Exercise input:
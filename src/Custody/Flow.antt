-- ===== src/Custody/Flow.antt =====
-- The sat arithmetic of packages/core/src/custody.ts. Values and positions are bigints that are
-- never negative here, so the test `position < 0n` has no counterpart.
use ordspv.Common.{
  ℕ, suc, ◌+◌, ◌-◌, Bool, not, ◌&&◌, ◌||◌, List, [], ◌∷◌, Option, none, some, Result, ok, err,
  require, failure, custody_unsupported, relabel, or_throw, ◌>>=◌, ◌>>◌, leb, ltb, ◌==◌,
  if◌then◌else◌, length, take, get_elem?, get_or, map,
}
use ordspv.Bytes.Hex.{bytes_equal}
use ordspv.Custody.Satpoint.{Satpoint}
use ordspv.Envelope.Interpret.{Inscription}
use ordspv.Tx.Types.{TxInput, TxOutput, ParsedTx, is_coinbase}
use ordspv.Witness.{parse_hex_tx}

unfoldable pub sum : List ℕ → ℕ
sum [] = 0
sum (v ∷ vs) = v + sum vs

unfoldable pub values_of_outputs : List TxOutput → List ℕ
values_of_outputs = map (λ out. out.value)

unfoldable pub total_output_sats : ParsedTx → ℕ
unfolding sum values_of_outputs
total_output_sats tx = sum (values_of_outputs tx.outputs)

-- The loop of `mapToOutputs` from output `vout` on.
unfoldable pub map_loop : List ℕ → ℕ → List TxOutput → ℕ → Option Satpoint
map_loop txid vout [] remaining = none
map_loop txid vout (out ∷ outs) remaining =
    if ltb remaining out.value
    then some (record { txid = txid; vout = vout; offset = remaining })
    else map_loop txid (vout + 1) outs (remaining - out.value)

unfoldable pub map_to_outputs : ParsedTx → ℕ → Option Satpoint
map_to_outputs tx position = map_loop tx.txid 0 tx.outputs position

-- The list's type is given.
unfoldable pub check_prev_tx_count : ParsedTx → List (List ℕ) → Result (Unit {0})
check_prev_tx_count tx prev_txs =
    require (leb (length prev_txs) (length tx.inputs))
      (failure "an entry past the input count corresponds to no input")

-- `tx.inputs.findIndex((inp) => inp.prevTxid === from.txid && inp.vout === from.vout)`
unfoldable pub spends : Satpoint → TxInput → Bool
spends sp i = bytes_equal i.prev_txid sp.txid && i.vout == sp.vout

unfoldable pub find_spend : Satpoint → List TxInput → Option ℕ
find_spend sp [] = none
find_spend sp (i ∷ rest) =
    let more : Option ℕ = elim (find_spend sp rest) [ none ↦ none | some j ↦ some (suc j) ] in
    if spends sp i then some 0 else more

unfoldable pub coverage : List ℕ → ℕ → Bool
coverage values upto = leb (upto + 1) (length values)

unfoldable pub position_of : List ℕ → ℕ → ℕ
unfolding sum
position_of values input = sum (take input values)

-- The pointer when it is valid, and the first sat of the envelope's input else.
unfoldable pub genesis_position : ParsedTx → Inscription → List ℕ → ℕ
genesis_position reveal inscription values = elim inscription.pointer [
  | none ↦ position_of values inscription.input
  | some p ↦ if ltb p (total_output_sats reveal) then p else position_of values inscription.input
]

-- A place in the outputs, or the refusal of a sat in the fee.
unfoldable pub in_outputs : Option Satpoint → Option ℕ → Result Satpoint
in_outputs (some sp) height = ok sp
in_outputs none height = err (custody_unsupported height)

-- A valid pointer always lands in an output, so the source's second refusal, that one left the
-- outputs, is never reached.
unfoldable pub genesis_satpoint : ParsedTx → Inscription → List ℕ → Option ℕ → Result Satpoint
unfolding in_outputs
genesis_satpoint reveal inscription values height = do
  require (not (is_coinbase reveal)) (failure "coinbase transactions cannot carry inscriptions")
  require (ltb inscription.input (length reveal.inputs)) (failure "envelope input out of range")
  require (coverage values inscription.input) (failure "need input values")
  require (not (inscription.unbound_by_even_field || get_or values inscription.input 0 == 0))
      (custody_unsupported height)
  in_outputs (map_to_outputs reveal (genesis_position reveal inscription values)) height

unfoldable pub transfer_satpoint : ParsedTx → List ℕ → Satpoint → Option ℕ → Result Satpoint
unfolding in_outputs
transfer_satpoint tx values from height = do
  j ← or_throw (find_spend from tx.inputs) "transaction does not spend the satpoint"
  require (coverage values j) (failure "need input values")
  in_outputs (map_to_outputs tx (from.offset + position_of values j)) height

module _ (sha256 : List ℕ → List ℕ) where
  -- The transaction that an input spends, proven by its hash, and the output spent.
  unfoldable pub spent_output : TxInput → List ℕ → Result TxOutput
  spent_output input prev_hex = do
    prev ← relabel "prev tx: cannot parse" (parse_hex_tx sha256 prev_hex)
    require (bytes_equal prev.txid input.prev_txid) (failure "prev tx hashes to another txid")
    or_throw (get_elem? prev.outputs input.vout) "prev tx has no such output"

  -- The loop of `provenInputValues`, with `count` inputs to go; both lists are long enough.
  unfoldable pub values_loop : ℕ → List TxInput → List (List ℕ) → Result (List ℕ)
  values_loop (suc count) (i ∷ inputs) (p ∷ prevs) = do
    spent ← spent_output i p
    rest ← values_loop count inputs prevs
    ok (spent.value ∷ rest)
  values_loop _ _ _ = ok []

  unfoldable pub proven_input_values : ParsedTx → List (List ℕ) → ℕ → Result (List ℕ)
  proven_input_values tx prev_txs upto = do
    require (ltb upto (length tx.inputs)) (failure "input index out of range")
    require (leb (upto + 1) (length prev_txs)) (failure "need prev txs")
    values_loop (upto + 1) tx.inputs prev_txs
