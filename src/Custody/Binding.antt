-- ===== src/Custody/Binding.antt =====
-- `verifyEnvelopeBinding` of packages/core/src/custody.ts.
use ordspv.Common.{
  ℕ, Bool, not, List, Result, ok, require, failure, relabel, or_throw, ◌>>=◌, ◌>>◌, ◌==◌, length,
  get_elem?,
}
use ordspv.Custody.Flow.{spent_output}
use ordspv.Envelope.Interpret.{Inscription}
use ordspv.Taproot.{
  Curve, extract_tapscript, is_p2tr, parse_control_block, verify_script_path_commitment,
}
use ordspv.Text.{trim}
use ordspv.Tx.Types.{ParsedTx}

pub record EnvelopeBinding : Type 0 where
  pub control_block_depth : ℕ
  pub single_leaf_tree : Bool
  pub single_input_reveal : Bool

module _ (sha256 : List ℕ → List ℕ) (curve : Curve) where
  unfoldable pub verify_envelope_binding :
      ParsedTx → Inscription → List (List ℕ) → Result EnvelopeBinding
  verify_envelope_binding reveal inscription prev_txs = do
    input ← or_throw (get_elem? reveal.inputs inscription.input) "envelope input out of range"
    prev_hex ← or_throw (get_elem? prev_txs inscription.input) "no prev tx for the envelope input"
    require (not (length (trim prev_hex) == 0)) (failure "no prev tx for the envelope input")
    spent ← spent_output sha256 input prev_hex
    tapscript ← or_throw (extract_tapscript input.witness) "key-path spend with no tapscript"
    require (is_p2tr spent.script_pub_key) (failure "envelope input spends a non-P2TR output")
    checked ← relabel "taproot commitment" (
        verify_script_path_commitment sha256 curve tapscript.script tapscript.control_block
          spent.script_pub_key)
    cb ← parse_control_block tapscript.control_block
    ok (record {
      control_block_depth = length cb.path;
      single_leaf_tree = length cb.path == 0;
      single_input_reveal = length reveal.inputs == 1;
    })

The task: An exact copy of every record is needed, so retype them all.

Written answer:
filename src/Custody/Flow.antt
-- ===== src/Custody/Flow.antt =====
-- The sat arithmetic of packages/core/src/custody.ts. Values and positions are bigints that are
-- never negative here, so the test `position < 0n` has no counterpart.
use ordspv.Common.{
  ℕ, suc, ◌+◌, ◌-◌, Bool, not, ◌&&◌, ◌||◌, List, [], ◌∷◌, Option, none, some, Result, ok, err,
  require, failure, custody_unsupported, relabel, or_throw, ◌>>=◌, ◌>>◌, leb, ltb, ◌==◌,
  if◌then◌else◌, length, take, get_elem?, get_or, map,
}
use ordspv.Bytes.Hex.{bytes_equal}
use ordspv.Custody.Satpoint.{Satpoint}
use ordspv.Envelope.Interpret.{Inscription}
use ordspv.Tx.Types.{TxInput, TxOutput, ParsedTx, is_coinbase}
use ordspv.Witness.{parse_hex_tx}

unfoldable pub sum : List ℕ → ℕ
sum [] = 0
sum (v ∷ vs) = v + sum vs

unfoldable pub values_of_outputs : List TxOutput → List ℕ
values_of_outputs = map (λ out. out.value)

unfoldable pub total_output_sats : ParsedTx → ℕ
unfolding sum values_of_outputs
total_output_sats tx = sum (values_of_outputs tx.outputs)

-- The loop of `mapToOutputs` from output `vout` on.
unfoldable pub map_loop : List ℕ → ℕ → List TxOutput → ℕ → Option Satpoint
map_loop txid vout [] remaining = none
map_loop txid vout (out ∷ outs) remaining =
    if ltb remaining out.value
    then some (record { txid = txid; vout = vout; offset = remaining })
    else map_loop txid (vout + 1) outs (remaining - out.value)

unfoldable pub map_to_outputs : ParsedTx → ℕ → Option Satpoint
map_to_outputs tx position = map_loop tx.txid 0 tx.outputs position

-- The list's type is given.
unfoldable pub check_prev_tx_count : ParsedTx → List (List ℕ) → Result (Unit {0})
check_prev_tx_count tx prev_txs =
    require (leb (length prev_txs) (length tx.inputs))
      (failure "an entry past the input count corresponds to no input")

-- `tx.inputs.findIndex((inp) => inp.prevTxid === from.txid && inp.vout === from.vout)`
unfoldable pub spends : Satpoint → TxInput → Bool
spends sp i = bytes_equal i.prev_txid sp.txid && i.vout == sp.vout

unfoldable pub find_spend : Satpoint → List TxInput → Option ℕ
find_spend sp [] = none
find_spend sp (i ∷ rest) =
    let more : Option ℕ = elim (find_spend sp rest) [ none ↦ none | some j ↦ some (suc j) ] in
    if spends sp i then some 0 else more

unfoldable pub coverage : List ℕ → ℕ → Bool
coverage values upto = leb (upto + 1) (length values)

unfoldable pub position_of : List ℕ → ℕ → ℕ
unfolding sum
position_of values input = sum (take input values)

-- The pointer when it is valid, and the first sat of the envelope's input else.
unfoldable pub genesis_position : ParsedTx → Inscription → List ℕ → ℕ
genesis_position reveal inscription values = elim inscription.pointer [
  | none ↦ position_of values inscription.input
  | some p ↦ if ltb p (total_output_sats reveal) then p else position_of values inscription.input
]

-- A place in the outputs, or the refusal of a sat in the fee.
unfoldable pub in_outputs : Option Satpoint → Option ℕ → Result Satpoint
in_outputs (some sp) height = ok sp
in_outputs none height = err (custody_unsupported height)

-- A valid pointer always lands in an output, so the source's second refusal, that one left the
-- outputs, is never reached.
unfoldable pub genesis_satpoint : ParsedTx → Inscription → List ℕ → Option ℕ → Result Satpoint
unfolding in_outputs
genesis_satpoint reveal inscription values height = do
  require (not (is_coinbase reveal)) (failure "coinbase transactions cannot carry inscriptions")
  require (ltb inscription.input (length reveal.inputs)) (failure "envelope input out of range")
  require (coverage values inscription.input) (failure "need input values")
  require (not (inscription.unbound_by_even_field || get_or values inscription.input 0 == 0))
      (custody_unsupported height)
  in_outputs (map_to_outputs reveal (genesis_position reveal inscription values)) height

unfoldable pub transfer_satpoint : ParsedTx → List ℕ → Satpoint → Option ℕ → Result Satpoint
unfolding in_outputs
transfer_satpoint tx values from height = do
  j ← or_throw (find_spend from tx.inputs) "transaction does not spend the satpoint"
  require (coverage values j) (failure "need input values")
  in_outputs (map_to_outputs tx (from.offset + position_of values j)) height

module _ (sha256 : List ℕ → List ℕ) where
  -- The transaction that an input spends, proven by its hash, and the output spent.
  unfoldable pub spent_output : TxInput → List ℕ → Result TxOutput
  spent_output input prev_hex = do
    prev ← relabel "prev tx: cannot parse" (parse_hex_tx sha256 prev_hex)
    require (bytes_equal prev.txid input.prev_txid) (failure "prev tx hashes to another txid")
    or_throw (get_elem? prev.outputs input.vout) "prev tx has no such output"

  -- The loop of `provenInputValues`, with `count` inputs to go; both lists are long enough.
  unfoldable pub values_loop : ℕ → List TxInput → List (List ℕ) → Result (List ℕ)
  values_loop (suc count) (i ∷ inputs) (p ∷ prevs) = do
    spent ← spent_output i p
    rest ← values_loop count inputs prevs
    ok (spent.value ∷ rest)
  values_loop _ _ _ = ok []

  unfoldable pub proven_input_values : ParsedTx → List (List ℕ) → ℕ → Result (List ℕ)
  proven_input_values tx prev_txs upto = do
    require (ltb upto (length tx.inputs)) (failure "input index out of range")
    require (leb (upto + 1) (length prev_txs)) (failure "need prev txs")
    values_loop (upto + 1) tx.inputs prev_txs
filename src/Custody/Binding.antt
-- ===== src/Custody/Binding.antt =====
-- `verifyEnvelopeBinding` of packages/core/src/custody.ts.
use ordspv.Common.{
  ℕ, Bool, not, List, Result, ok, require, failure, relabel, or_throw, ◌>>=◌, ◌>>◌, ◌==◌, length,
  get_elem?,
}
use ordspv.Custody.Flow.{spent_output}
use ordspv.Envelope.Interpret.{Inscription}
use ordspv.Taproot.{
  Curve, extract_tapscript, is_p2tr, parse_control_block, verify_script_path_commitment,
}
use ordspv.Text.{trim}
use ordspv.Tx.Types.{ParsedTx}

pub record EnvelopeBinding : Type 0 where
  pub control_block_depth : ℕ
  pub single_leaf_tree : Bool
  pub single_input_reveal : Bool

module _ (sha256 : List ℕ → List ℕ) (curve : Curve) where
  unfoldable pub verify_envelope_binding :
      ParsedTx → Inscription → List (List ℕ) → Result EnvelopeBinding
  verify_envelope_binding reveal inscription prev_txs = do
    input ← or_throw (get_elem? reveal.inputs inscription.input) "envelope input out of range"
    prev_hex ← or_throw (get_elem? prev_txs inscription.input) "no prev tx for the envelope input"
    require (not (length (trim prev_hex) == 0)) (failure "no prev tx for the envelope input")
    spent ← spent_output sha256 input prev_hex
    tapscript ← or_throw (extract_tapscript input.witness) "key-path spend with no tapscript"
    require (is_p2tr spent.script_pub_key) (failure "envelope input spends a non-P2TR output")
    checked ← relabel "taproot commitment" (
        verify_script_path_commitment sha256 curve tapscript.script tapscript.control_block
          spent.script_pub_key)
    cb ← parse_control_block tapscript.control_block
    ok (record {
      control_block_depth = length cb.path;
      single_leaf_tree = length cb.path == 0;
      single_input_reveal = length reveal.inputs == 1;
    })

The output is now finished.